Another example: A patent is seated in front of a screen showing a car. Electrodes are imbedded in his brain. He is told to think about driving the car step by step. As he thinks a step turn the ignition key put on the left turn signal – his brain generates impulses (instructions) to his body to perform those functions. Those impulses are intercepted by the electrodes and directed to a computer that relays those instructions to another computer wired to a test car. The second computer translates the instructions into movements by a robot connected to the car. The ignition is turned on, the turn signal is turned on, and the car idles awaiting further instructions.

The human body essentially is a robot. An intelligent robot – if you will – but a robot nonetheless. It can and does operate with any number of artificial parts. For example, we use mechanical pacemakers, artificial mechanical hearts, pig hearts, and various mechanical prostheses to replacedamaged arms and legs. Yet despite all this, we still consider ourselves to be human.

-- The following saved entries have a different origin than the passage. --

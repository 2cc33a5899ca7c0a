-- ===== src/Hls/Segments/Listing.antt =====
-- hls.rs: the candidates of the global pass are the segments that the store holds.
use sentinel_command.Prelude.{
  ℕ, ◌≡◌, refl, sym, ◌∙◌, true, false, List, [], ◌∷◌, ◌++◌, Option, none, some, arith, Bool-cases,
  inl, inr, ◌⊎◌, All,
}
use sentinel_command.Interfaces.{◌==◌}
use sentinel_command.Text.{Text, text_eq, text_beq_iff}
use sentinel_command.Assoc.{Assoc, total, measured, Distinct, AllValues}
use sentinel_command.Assoc
use sentinel_command.OrdMap.{Above}
use sentinel_command.OrdMap
use sentinel_command.Hls.SegmentName.{SegmentName, segment_order, cmp_eq}
use sentinel_command.Hls.Segments.{
  Segment, Bucket, or_default, body_len, Candidate, bucket_candidates, candidates, insert_candidate,
  sort, candidate_leb,
}

abbrev pub len_of : Option Segment → Option ℕ
len_of none = none
len_of (some s) = some (body_len s)

-- The size of a segment of one bucket.
unfoldable pub size_in : Bucket → SegmentName → Option ℕ
size_in bucket filename = len_of (OrdMap.get segment_order filename bucket)

-- The size of a cached segment.
unfoldable pub size_at : Assoc Text Bucket → Text → SegmentName → Option ℕ
size_at cameras camera_id filename = size_in (or_default (Assoc.get camera_id cameras)) filename

-- A candidate speaks of a segment that is there, with its size.
abbrev pub Present : Assoc Text Bucket → Candidate → Type 0
Present cameras c = size_at cameras c.camera_id c.filename ≡ some c.size

-- Of a segment that is still there a candidate has the size.
abbrev pub Fits : Assoc Text Bucket → Candidate → Type 0
Fits cameras c =
    (size_at cameras c.camera_id c.filename ≡ none)
    ⊎ (size_at cameras c.camera_id c.filename ≡ some c.size)

-- A candidate for the segment stands in the list.
abbrev pub Listed : Text → SegmentName → List Candidate → Type 0
Listed camera_id filename [] = ⊥
Listed camera_id filename (c ∷ cs) =
    ((c.camera_id ≡ camera_id) × (c.filename ≡ filename)) ⊎ Listed camera_id filename cs

-- Every cached segment has a candidate.
abbrev pub Covers : Assoc Text Bucket → List Candidate → Type 0
Covers cameras cs =
    (camera_id : Text) (filename : SegmentName) (n : ℕ)
    → size_at cameras camera_id filename ≡ some n
    → Listed camera_id filename cs

module _ (camera_id : Text) (filename : SegmentName) where
  Listed-append_left :
      (cs ds : List Candidate) → Listed camera_id filename cs → Listed camera_id filename (cs ++ ds)
  Listed-append_left [] ds h = absurd h
  Listed-append_left (c ∷ cs) ds (inl h) = inl h
  Listed-append_left (c ∷ cs) ds (inr h) = inr (Listed-append_left cs ds h)

  Listed-append_right :
      (cs ds : List Candidate) → Listed camera_id filename ds → Listed camera_id filename (cs ++ ds)
  Listed-append_right [] ds h = h
  Listed-append_right (c ∷ cs) ds h = inr (Listed-append_right cs ds h)

  Listed-insert :
      (c : Candidate) (cs : List Candidate)
      → Listed camera_id filename (c ∷ cs)
      → Listed camera_id filename (insert_candidate c cs)
  unfolding insert_candidate
  Listed-insert c [] h = h
  Listed-insert c (d ∷ cs) h = ground (arith, Listed-insert c cs)

  pub Listed-sort :
      (cs : List Candidate) → Listed camera_id filename cs → Listed camera_id filename (sort cs)
  unfolding sort
  Listed-sort [] h = h
  Listed-sort (c ∷ cs) (inl h) = Listed-insert c (sort cs) (inl h)
  Listed-sort (c ∷ cs) (inr h) = Listed-insert c (sort cs) (inr (Listed-sort cs h))

  Listed-bucket :
      (bucket : Bucket) (n : ℕ)
      → size_in bucket filename ≡ some n
      → Listed camera_id filename (bucket_candidates camera_id bucket)
  unfolding size_in OrdMap.get bucket_candidates
  Listed-bucket [] n h = absurd (cc)
  Listed-bucket ((f, s) ∷ bucket) n h = ground (arith, Listed-bucket bucket n, cmp_eq f filename)

pub size_at_hit :
    (k camera_id : Text) (bucket : Bucket) (cameras : Assoc Text Bucket) (filename : SegmentName)
    → (k == camera_id) ≡ true
    → size_at ((k, bucket) ∷ cameras) camera_id filename ≡ size_in bucket filename
unfolding size_at Assoc.get
size_at_hit k camera_id bucket cameras filename h = rw h

pub size_at_miss :
    (k camera_id : Text) (bucket : Bucket) (cameras : Assoc Text Bucket) (filename : SegmentName)
    → (k == camera_id) ≡ false
    → size_at ((k, bucket) ∷ cameras) camera_id filename ≡ size_at cameras camera_id filename
unfolding size_at Assoc.get
size_at_miss k camera_id bucket cameras filename h = rw h

size_at_empty : (camera_id : Text) (filename : SegmentName) → size_at [] camera_id filename ≡ none
unfolding size_at size_in Assoc.get OrdMap.get
size_at_empty camera_id filename = refl

pub candidates-Covers : (cameras : Assoc Text Bucket) → Covers cameras (candidates cameras)
unfolding candidates
candidates-Covers [] camera_id filename n h = absurd (cc (size_at_empty camera_id filename))
candidates-Covers ((k, bucket) ∷ cameras) camera_id filename n h =
    elim (Bool-cases (k == camera_id)) [
      | inl hit ↦
          let e : k ≡ camera_id = (text_beq_iff k camera_id).0 hit in
          Listed-append_left camera_id filename (bucket_candidates k bucket) (candidates cameras) (
            rw e (
              Listed-bucket camera_id filename bucket n
                (sym (size_at_hit k camera_id bucket cameras filename hit) ∙ h)))
      | inr miss ↦
          Listed-append_right camera_id filename (bucket_candidates k bucket) (candidates cameras) (
            candidates-Covers cameras camera_id filename n
              (sym (size_at_miss k camera_id bucket cameras filename miss) ∙ h))
    ]

module _ (P : Candidate → Type 0) where
  pub All-append : (cs ds : List Candidate) → All P cs → All P ds → All P (cs ++ ds)
  All-append [] ds a b = b
  All-append (c ∷ cs) ds a b = (a.0, All-append cs ds a.1 b)

  All-insert :
      (c : Candidate) (cs : List Candidate) → P c → All P cs → All P (insert_candidate c cs)
  unfolding insert_candidate
  All-insert c [] p a = (p, tt)
  All-insert c (d ∷ cs) p a = elim (Bool-cases (candidate_leb c d)) [
    | inl lo ↦ rw (lo, insert_candidate) (p, a)
    | inr hi ↦ rw (hi, insert_candidate) (a.0, All-insert c cs p a.1)
  ]

  pub All-sort : (cs : List Candidate) → All P cs → All P (sort cs)
  unfolding sort
  All-sort [] a = tt
  All-sort (c ∷ cs) a = All-insert c (sort cs) a.0 (All-sort cs a.1)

But even this is just a beginning.

One day, we will learn to download data from one human brain to another or from a human brain to some sort of external storage device, then uploaded into another. That data can be almost anything, i.e. life experiences, intellectual achievements, knowledge, or simply emotional responses. The storage devices will be of unlimited variety not excluding computer disks, other human brains, or intelligent computer-robots.

What might we have then? A robot that feels as you feel? A robot that thinks as you think? A robot that knows what you know? And when we have that, what will we have? A race of robots that for all practical purposes are just you and me in new indestructible houses; houses unencumbered by things like emotions or ailments or feelings or pointless sensitivities. A race of super “beings”?

The fact is we are each of us only our brain. What we are and who we are is simply a reflection of what we know and who we know. Our bodies are robots In every conceivable sense of the word. We can transplant into our bodies the arms, legs, hearts, lungs, bladders and livers of strangers and still remain ourselves. That’s because our identity rests with our brain. So what will the result be if all that is transferred into a computer robot? Will it be a robot or will it be us? It’s hard to say.

But there’s more. So far, we have discussed computer-robots without specifying what they might look like some time down the road. Well I think they might look a lot like us. In fact, they might look just like us you and me.

Have you seen the Charles Schwab television commercials lately? They feature animated people. When these commercials first came on, the animated people looked like animated people. Then slowly, commercial by commercial, they began to improve until the latest are really quite remarkable. They look almost real. The time is coming when you won’t be able to distinguish animation from reality.

So maybe the computer-robots ofthe future won’t look like robots at all. Maybe they will look like us. Made in the shape of people, with faces resembling real people, and with the texture and flexibility of new synthetic materials, the robots of the future might very nearly be indistinguishable from their human creators.

“Why are you here alone?”

“The others are gone”.

“Gone where?”

“Gone away.”

“Where did you come from?”

“We come from those who made us.”

“Who were they?”

“They were the Creators.”

It’s not nearly as far-fetched as you might think.

Soon we may be saying: “take us to Warp 6, Mr. Sulu.”.

It makes me wonder if one-day humans might not rue the day they saw their first computer.

Tomorrow may be closer than we think.